EVEL KNIEVEL IN THE SKYCYCLE X-2 FROM “BEING EVEL”

 
Long before the “X-Games”, and action sports superstars like skateboarder Tony Hawk and snowboarder Shaun White were household names, there was “Evel” Knievel – a larger than life daredevil who captivated America with his motorcycle feats in the 1970’s. His jumps over multiple line-ups of cars, vans, and buses were infamous, and television rating bonanzas in an era when there were only three stations to watch. In a new documentary released earlier this year, “Being Evel”, we get an entertaining and inside look at the life and times the original “extreme athlete”. Says one of the film’s producers and narrator, Johnny Knoxville, of MTV’s “Jackass” fame, “I didn’t think of him as a daredevil, I thought of him as a superhero.”

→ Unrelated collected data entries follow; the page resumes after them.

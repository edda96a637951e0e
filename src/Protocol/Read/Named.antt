-- ===== src/Protocol/Read/Named.antt =====
-- `ReadMsg` on the messages with a name: requests and notifications.
use gotalk.Common.{
  ℕ, suc, ◌+◌, ◌-◌, ◌^◌, ◌≤◌, ◌<◌, ◌≡◌, refl, sym, ap, ◌∙◌, arith, true, inl, inr, [], ◌∷◌, ◌++◌,
  Bytes, length, drop, replicate, slice, ltb, if◌then◌else◌, ok, length-append, length-drop,
  length-replicate, append_assoc, append-nil, ltb-eq_true, Bool-cases, ltb-false_le,
}
use gotalk.Protocol.Fixnum.{parse_uint, hex_digits}
use gotalk.Protocol.Fixnum.Copy.{length-hex_digits}
use gotalk.Protocol.Fixnum.Parse.{parse_uint-hex_digits}
use gotalk.Protocol.Reader.{Reader}
use gotalk.Protocol.Reader.Exact.{stream, IsQuiet}
use gotalk.Protocol.Read.{fill_all, grow, read_name, read_head, read_part, read_fields, has_name}
use gotalk.Protocol.Read.Buffer.{slice-append, fill-exact}

-- Growing adds zeros behind the buffer, or nothing.
grow-append : (b : Bytes) (n : ℕ) → grow b n ≡ b ++ replicate (n - length b) 0
unfolding grow
grow-append b n = elim (Bool-cases (ltb (length b) n)) [
  | inl short ↦ rw short
  | inr room ↦
      rw room (
        sym (append-nil b) ∙ ap (λ k. b ++ replicate k 0) {x = 0} {y = n - length b} (ground arith))
]

-- The rest of a named message arrives behind its first 13 bytes, if any is missing.
fill_rest :
    (s : Reader) (pre y junk rest : Bytes)
    → IsQuiet s
    → stream s ≡ y ++ rest
    → length pre ≡ 13
    → length y ≤ length junk
    → (s' : Reader) × ((if ltb 13 (13 + length y)
          then fill_all (pre ++ junk) 13 (13 + length y) s
          else ok (pre ++ junk, s))
        ≡ ok (pre ++ (y ++ drop (length y) junk), s'))
      × (stream s' ≡ rest)
      × IsQuiet s'
unfolding fill_all
fill_rest s pre [] junk rest q e hp room = (s, ground arith, e, q)
fill_rest s pre (c ∷ y) junk rest q e hp room =
    let (s', r, back, q') =
      fill-exact s pre (c ∷ y) junk rest 13 (13 + length (c ∷ y)) q e (sym hp) (omega (arith, hp))
        room in
    (s', rw (ltb-eq_true 13 (13 + suc (length y)) (omega arith), r), back, q')

-- The buffer behind the first read and behind the second: `x` is what the first read takes of the
-- name and the size, and `j` what an earlier use of the buffer left.
abbrev pub before : Bytes → Bytes → Bytes → Bytes → Bytes
before pre name x junk = pre ++ (hex_digits 3 (length name) ++ (x ++ junk))

abbrev after : Bytes → Bytes → Bytes → Bytes → Bytes
after pre name h8 j = pre ++ (hex_digits 3 (length name) ++ (name ++ (h8 ++ j)))

regroup :
    (pre h3 name h8 x y j : Bytes)
    → x ++ y ≡ name ++ h8
    → (pre ++ (h3 ++ x)) ++ (y ++ j) ≡ pre ++ (h3 ++ (name ++ (h8 ++ j)))
regroup pre h3 name h8 x y j cut =
    append_assoc pre (h3 ++ x) (y ++ j)
    ∙ ap (◌++◌ pre) (
        append_assoc h3 x (y ++ j)
        ∙ ap (◌++◌ h3) (sym (append_assoc x y j) ∙ ap (λ t. t ++ j) cut ∙ append_assoc name h8 j))

regroup_before :
    (pre h3 x junk zs : Bytes)
    → (pre ++ (h3 ++ (x ++ junk))) ++ zs ≡ (pre ++ (h3 ++ x)) ++ (junk ++ zs)
regroup_before pre h3 x junk zs = simp append_assoc

parse_name_size :
    (pre name tail : Bytes) (z0 : ℕ)
    → length pre ≡ z0
    → length name < 4096
    → parse_uint (slice (pre ++ (hex_digits 3 (length name) ++ tail)) z0 (z0 + 3)) 16
      ≡ ok (length name)
parse_name_size pre name tail z0 hpre h =
    ap (λ t. parse_uint t 16)
      (slice-append pre (hex_digits 3 (length name)) tail z0 (z0 + 3) (sym hpre)
        (omega (arith, length-hex_digits 3 (length name))))
    ∙ parse_uint-hex_digits 16 3 (length name) (omega arith) (omega arith) (omega arith)
        (omega arith)

name_slice :
    (pre name tail : Bytes) (z0 : ℕ)
    → length pre ≡ z0
    → slice (pre ++ (hex_digits 3 (length name) ++ (name ++ tail))) (z0 + 3) (z0 + 3 + length name)
      ≡ name
name_slice pre name tail z0 hpre =
    let h3 = hex_digits 3 (length name) in
    let len : length (pre ++ h3) ≡ z0 + 3 =
      omega (arith, hpre, length-append pre h3, length-hex_digits 3 (length name)) in
    ap (λ t. slice t (z0 + 3) (z0 + 3 + length name)) (sym (append_assoc pre h3 (name ++ tail)))
    ∙ slice-append (pre ++ h3) name tail (z0 + 3) (z0 + 3 + length name) (sym len)
        (omega (arith, len))

parse_size :
    (pre name j : Bytes) (size z0 : ℕ)
    → length pre ≡ z0
    → size < 2 ^ 32
    → parse_uint
        (slice
          (after pre name (hex_digits 8 size) j)
          (z0 + 3 + length name)
          (z0 + 3 + length name + 8))
        32
      ≡ ok size
parse_size pre name j size z0 hpre h =
    let h3 = hex_digits 3 (length name) in
    let h8 = hex_digits 8 size in
    let front : Bytes = pre ++ (h3 ++ name) in
    let len : length front ≡ z0 + 3 + length name = omega (
      arith,
      hpre,
      length-append pre (h3 ++ name),
      length-append h3 name,
      length-hex_digits 3 (length name),
    ) in
    let same : pre ++ (h3 ++ (name ++ (h8 ++ j))) ≡ front ++ (h8 ++ j) = simp append_assoc in
    ap (λ b. parse_uint (slice b (z0 + 3 + length name) (z0 + 3 + length name + 8)) 32) same
    ∙ ap (λ b. parse_uint b 32)
        (slice-append front h8 j (z0 + 3 + length name) (z0 + 3 + length name + 8) (sym len)
          (omega (arith, len, length-hex_digits 8 size)))
    ∙ parse_uint-hex_digits 32 8 size (omega arith) (omega arith) h (omega arith)

length-caller :
    (b b' : Bytes) (n : ℕ)
    → length b' ≡ length b + (n - length b)
    → length (if ltb (length b) n then b else b') ≡ length b
length-caller b b' n h = elim (Bool-cases (ltb (length b) n)) [
  | inl short ↦ rw short
  | inr room ↦ rw room (omega (arith, h, ltb-false_le (length b) n room))
]

-- The name and what follows, from the buffer behind the first read.
read_name-exact :
    (s : Reader) (pre name h8 x y junk rest : Bytes) (wait z0 : ℕ)
    → IsQuiet s
    → stream s ≡ y ++ rest
    → length pre ≡ z0
    → x ++ y ≡ name ++ h8
    → length h8 ≡ 8
    → z0 + 3 + length x ≡ 13
    → length name < 4096
    → (s' : Reader) × (j : Bytes) × (caller : Bytes) × (read_name
          (before pre name x junk)
          wait
          z0
          s
          13
        ≡ ok (record {
          name = name;
          wait = wait;
          z = z0 + 3 + length name;
          b = after pre name h8 j;
          caller = caller;
          s = s';
        }))
      × (stream s' ≡ rest)
      × IsQuiet s'
      × (length caller ≡ length (before pre name x junk))
unfolding read_name
read_name-exact s pre name h8 x y junk rest wait z0 q e hpre cut len8 first short =
    let h3 = hex_digits 3 (length name) in
    let b0 = before pre name x junk in
    let pre13 : Bytes = pre ++ (h3 ++ x) in
    let newz : z0 + 3 + length name + 8 ≡ 13 + length y =
      omega (arith, ap length cut, length-append x y, length-append name h8) in
    let zs : Bytes = replicate (13 + length y - length b0) 0 in
    let len13 : length pre13 ≡ 13 =
      omega (
        arith,
        length-append pre (h3 ++ x),
        length-append h3 x,
        length-hex_digits 3 (length name),
      ) in
    let len0 : length b0 ≡ 13 + length junk = omega (
      arith,
      length-append pre (h3 ++ (x ++ junk)),
      length-append h3 (x ++ junk),
      length-append x junk,
      length-hex_digits 3 (length name),
    ) in
    let room : length y ≤ length (junk ++ zs) = omega (
      arith,
      len0,
      length-append junk zs,
      length-replicate {A = ℕ} (13 + length y - length b0) 0,
    ) in
    let (s', r, back, q') = fill_rest s pre13 y (junk ++ zs) rest q e len13 room in
    let j = drop (length y) (junk ++ zs) in
    let caller : Bytes = if ltb (length b0) (13 + length y) then b0 else after pre name h8 j in
    (
      s',
      j,
      caller,
      rw (
        parse_name_size pre name (x ++ junk) z0 hpre short,
        newz,
        grow-append b0 (13 + length y),
        regroup_before pre h3 x junk zs,
        r,
        regroup pre h3 name h8 x y j cut,
        name_slice pre name (h8 ++ j) z0 hpre,
      ),
      back,
      q',
      length-caller b0 (after pre name h8 j) (13 + length y) (
          omega (
            arith,
            ap length (regroup pre h3 name h8 x y j cut),
            length-append pre13 (y ++ j),
            length-append y j,
            length-drop (length y) (junk ++ zs),
            length-append junk zs,
            length-replicate {A = ℕ} (13 + length y - length b0) 0,
            len13,
            len0,
            room,
          )),
    )

-- A request (`id` of four bytes) or a notification (none).
pub read_fields-named :
    (s : Reader) (t : ℕ) (id name x y junk rest : Bytes) (size : ℕ)
    → IsQuiet s
    → stream s ≡ y ++ rest
    → x ++ y ≡ name ++ hex_digits 8 size
    → suc (length id) + 3 + length x ≡ 13
    → length name < 4096
    → size < 2 ^ 32
    → has_name t ≡ true
    → read_head t (before (t ∷ id) name x junk) ≡ ok (id, 0, suc (length id))
    → (s' : Reader) × (caller : Bytes) × (read_fields (before (t ∷ id) name x junk) 13 s
        ≡ ok (record { t = t; id = id; name = name; wait = 0; size = size }, s', caller))
      × (stream s' ≡ rest)
      × IsQuiet s'
      × (length caller ≡ length (before (t ∷ id) name x junk))
unfolding read_fields read_part
read_fields-named s t id name x y junk rest size q e cut first short hsize named head =
    let h8 = hex_digits 8 size in
    let pre : Bytes = t ∷ id in
    let z0 : ℕ = suc (length id) in
    let (s', j, caller, r, back, q', same) =
      read_name-exact s pre name h8 x y junk rest 0 z0 q e refl cut (length-hex_digits 8 size) first
        short in
    (s', caller, rw (head, named, r, parse_size pre name j size z0 refl hsize), back, q', same)
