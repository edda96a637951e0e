-- ===== src/Protocol/Read/Kinds.antt =====
-- `ReadMsg` on each kind of message, whatever follows it and however the bytes arrive.
use gotalk.Common.{
  ℕ, suc, ◌-◌, ◌^◌, ◌≤◌, ◌<◌, ◌≡◌, refl, sym, ap, ◌∙◌, arith, true, false, [], ◌∷◌, ◌++◌, Bytes,
  length, take, drop, slice, ◌==◌, ok, length-append, length-take, length-drop, append_assoc,
  take-append, take-append-drop,
}
use gotalk.Protocol.{Msg, msg_type_heartbeat, msg_type_retry_res}
use gotalk.Protocol.Fixnum.{parse_uint, hex_digits}
use gotalk.Protocol.Fixnum.Copy.{length-hex_digits}
use gotalk.Protocol.Fixnum.Parse.{parse_uint-hex_digits}
use gotalk.Protocol.Reader.{Reader}
use gotalk.Protocol.Reader.Exact.{stream, IsQuiet}
use gotalk.Protocol.Read.{
  fill_all, read_head, read_wait, read_part, read_fields, read_msg, has_id, has_name, header_error,
}
use gotalk.Protocol.Read.Buffer.{slice-append, fill-exact}
use gotalk.Protocol.Read.Named.{before, read_fields-named}

-- The reader gives `m` and has `rest` left; the caller's buffer keeps its size.
abbrev pub ReadsBack : Msg → Reader → Bytes → Bytes → Type 0
ReadsBack m s b rest =
    (s' : Reader) × (b' : Bytes) × (read_msg s b ≡ ok (m, s', b'))
    × (stream s' ≡ rest)
    × IsQuiet s'
    × (length b' ≡ length b)

-- The first 13 bytes.
pub read_msg-front :
    (s : Reader) (b front tail : Bytes)
    → IsQuiet s
    → stream s ≡ front ++ tail
    → length front ≡ 13
    → 13 ≤ length b
    → (s1 : Reader) × (read_msg s b ≡ read_fields (front ++ drop 13 b) 13 s1)
      × (stream s1 ≡ tail)
      × IsQuiet s1
unfolding read_msg header_error
read_msg-front s b front tail q e hf room =
    let (s1, r, back, q1) =
      fill-exact s [] front b tail 0 13 q e refl (omega (arith, hf)) (omega (arith, hf)) in
    (s1, rw (r, hf), back, q1)

pub read_head-id :
    (t : ℕ) (id tail : Bytes)
    → (t == msg_type_heartbeat) ≡ false
    → has_id t ≡ true
    → length id ≡ 4
    → read_head t (t ∷ (id ++ tail)) ≡ ok (id, 0, 5)
unfolding read_head
read_head-id t id tail heart with_id len =
    rw (heart, with_id) (ap (λ i. ok (i, 0, 5)) (take-append 4 id tail (sym len)))

pub read_head-no_id :
    (t : ℕ) (b : Bytes)
    → (t == msg_type_heartbeat) ≡ false
    → has_id t ≡ false
    → read_head t b ≡ ok ([], 0, 1)
unfolding read_head
read_head-no_id t b heart no_id = rw (heart, no_id)

regroup_front :
    (pre h3 x y both rest : Bytes)
    → x ++ y ≡ both
    → (pre ++ (h3 ++ both)) ++ rest ≡ (pre ++ (h3 ++ x)) ++ (y ++ rest)
regroup_front pre h3 x y both rest e =
    ap (λ m. (pre ++ (h3 ++ m)) ++ rest) (sym e) ∙ simp append_assoc

regroup_junk : (pre h3 x junk : Bytes) → (pre ++ (h3 ++ x)) ++ junk ≡ pre ++ (h3 ++ (x ++ junk))
regroup_junk pre h3 x junk = simp append_assoc

-- Messages with a name.
pub read_msg-named :
    (s : Reader) (b : Bytes) (t : ℕ) (id name rest : Bytes) (size : ℕ)
    → IsQuiet s
    → stream s ≡ ((t ∷ id) ++ (hex_digits 3 (length name) ++ (name ++ hex_digits 8 size))) ++ rest
    → 13 ≤ length b
    → length id ≤ 4
    → 0 < length name
    → length name < 4096
    → size < 2 ^ 32
    → has_name t ≡ true
    → ((tail : Bytes) → read_head t (t ∷ (id ++ tail)) ≡ ok (id, 0, suc (length id)))
    → ReadsBack (record { t = t; id = id; name = name; wait = 0; size = size }) s b rest
read_msg-named s b t id name rest size q e room hid some_name short hsize named head =
    let h3 = hex_digits 3 (length name) in
    let both : Bytes = name ++ hex_digits 8 size in
    let k = 9 - length id in
    let x : Bytes = take k both in
    let y : Bytes = drop k both in
    let front : Bytes = (t ∷ id) ++ (h3 ++ x) in
    let lenx : length x ≡ k = omega (
      arith,
      length-take k both,
      length-append name (hex_digits 8 size),
      length-hex_digits 8 size,
    ) in
    let len : length front ≡ 13 = omega (
      arith,
      lenx,
      length-append (t ∷ id) (h3 ++ x),
      length-append h3 x,
      length-hex_digits 3 (length name),
    ) in
    let (s1, r1, e1, q1) =
      read_msg-front s b front (y ++ rest) q
        (e ∙ regroup_front (t ∷ id) h3 x y both rest (take-append-drop k both)) len room in
    let (s', b', r, back, q', same) =
      read_fields-named s1 t id name x y (drop 13 b) rest size q1 e1 (take-append-drop k both)
        (omega (arith, lenx)) short hsize named (head (h3 ++ (x ++ drop 13 b))) in
    let junk : Bytes = drop 13 b in
    let joined : front ++ junk ≡ before (t ∷ id) name x junk = regroup_junk (t ∷ id) h3 x junk in
    (
      s',
      b',
      r1 ∙ ap (λ buf. read_fields buf 13 s1) joined ∙ r,
      back,
      q',
      omega (arith, same, ap length joined, length-append front junk, length-drop 13 b, len),
    )

-- Messages of exactly 13 bytes: a head and the size.
pub read_msg_short :
    (s : Reader) (b : Bytes) (t : ℕ) (head id rest : Bytes) (wait size : ℕ)
    → IsQuiet s
    → stream s ≡ ((t ∷ head) ++ hex_digits 8 size) ++ rest
    → 13 ≤ length b
    → length head ≡ 4
    → size < 2 ^ 32
    → has_name t ≡ false
    → (t == msg_type_retry_res) ≡ false
    → ((tail : Bytes) → read_head t (t ∷ (head ++ tail)) ≡ ok (id, wait, 5))
    → ReadsBack (record { t = t; id = id; name = []; wait = wait; size = size }) s b rest
unfolding read_fields read_part
read_msg_short s b t head id rest wait size q e room hlen hsize unnamed other read =
    let h8 = hex_digits 8 size in
    let junk : Bytes = drop 13 b in
    let front : Bytes = (t ∷ head) ++ h8 in
    let len : length front ≡ 13 =
      omega (arith, hlen, length-append (t ∷ head) h8, length-hex_digits 8 size) in
    let (s1, r1, e1, q1) = read_msg-front s b front rest q e len room in
    let size_at : parse_uint (slice (front ++ junk) 5 13) 32 ≡ ok size =
      ap (λ buf. parse_uint (slice buf 5 13) 32) (append_assoc (t ∷ head) h8 junk)
      ∙ ap (λ d. parse_uint d 32)
          (slice-append (t ∷ head) h8 junk 5 13 (omega (arith, hlen))
            (omega (arith, hlen, length-hex_digits 8 size)))
      ∙ parse_uint-hex_digits 32 8 size (omega arith) (omega arith) hsize (omega arith) in
    let head_at : read_head t (front ++ junk) ≡ ok (id, wait, 5) =
      ap (read_head t) (append_assoc (t ∷ head) h8 junk) ∙ read (h8 ++ junk) in
    (
      s1,
      front ++ junk,
      r1 ∙ rw (head_at, unnamed, other, size_at),
      e1,
      q1,
      omega (arith, len, length-append front junk, length-drop 13 b),
    )

retry_has_id : has_id msg_type_retry_res ≡ true
unfolding has_id
retry_has_id = refl

-- A retry result has eight bytes more.
pub read_msg_retry :
    (s : Reader) (b id rest : Bytes) (wait size : ℕ)
    → IsQuiet s
    → stream s ≡ (((msg_type_retry_res ∷ id) ++ hex_digits 8 wait) ++ hex_digits 8 size) ++ rest
    → 21 ≤ length b
    → length id ≡ 4
    → wait < 2 ^ 32
    → size < 2 ^ 32
    → ReadsBack
        (record { t = msg_type_retry_res; id = id; name = []; wait = wait; size = size })
        s
        b
        rest
unfolding read_fields read_part read_wait fill_all has_name
read_msg_retry s b id rest wait size q e room hlen hwait hsize =
    let hw = hex_digits 8 wait in
    let h8 = hex_digits 8 size in
    let junk : Bytes = drop 13 b in
    let pre : Bytes = msg_type_retry_res ∷ id in
    let front : Bytes = pre ++ hw in
    let len : length front ≡ 13 =
      omega (arith, hlen, length-append pre hw, length-hex_digits 8 wait) in
    let (s1, r1, e1, q1) =
      read_msg-front s b front (h8 ++ rest) q (e ∙ append_assoc front h8 rest) len (omega arith) in
    let (s2, r2, e2, q2) =
      fill-exact s1 front h8 junk rest 13 21 q1 e1 (sym len)
        (omega (arith, len, length-hex_digits 8 size))
        (omega (arith, length-drop 13 b, length-hex_digits 8 size)) in
    let j : Bytes = drop (length h8) junk in
    let head_at : read_head msg_type_retry_res (front ++ junk) ≡ ok (id, 0, 5) =
      ap (read_head msg_type_retry_res) (append_assoc pre hw junk)
      ∙ read_head-id msg_type_retry_res id (hw ++ junk) refl retry_has_id hlen in
    let wait_at : parse_uint (slice (front ++ junk) 5 13) 32 ≡ ok wait =
      ap (λ buf. parse_uint (slice buf 5 13) 32) (append_assoc pre hw junk)
      ∙ ap (λ d. parse_uint d 32)
          (slice-append pre hw junk 5 13 (omega (arith, hlen))
            (omega (arith, hlen, length-hex_digits 8 wait)))
      ∙ parse_uint-hex_digits 32 8 wait (omega arith) (omega arith) hwait (omega arith) in
    let size_at : parse_uint (slice (front ++ (h8 ++ j)) 13 21) 32 ≡ ok size =
      ap (λ d. parse_uint d 32)
        (slice-append front h8 j 13 21 (sym len) (omega (arith, len, length-hex_digits 8 size)))
      ∙ parse_uint-hex_digits 32 8 size (omega arith) (omega arith) hsize (omega arith) in
    (
      s2,
      front ++ (h8 ++ j),
      r1 ∙ rw (head_at, wait_at, r2, size_at),
      e2,
      q2,
      omega (
        arith,
        len,
        length-append front (h8 ++ j),
        length-append h8 j,
        length-drop (length h8) junk,
        length-drop 13 b,
        length-hex_digits 8 size,
      ),
    )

The film traces the career of Robert Craig “Evel” Knievel from an insurance salesman some describe as a hustler, to a mega sports entertainer, with action packed archival footage and interviews with family members and those who worked with him along the way. In the era of ABC Wide World of Sports, America was glued to their TV sets each time he jumped, and out of the 10 most watched episodes of the show, Knievel’s jumps are 7 of the most popular. While most motorcycle riders wore black, his red, white, and blue star spangled leather suit and cape made him an American hero.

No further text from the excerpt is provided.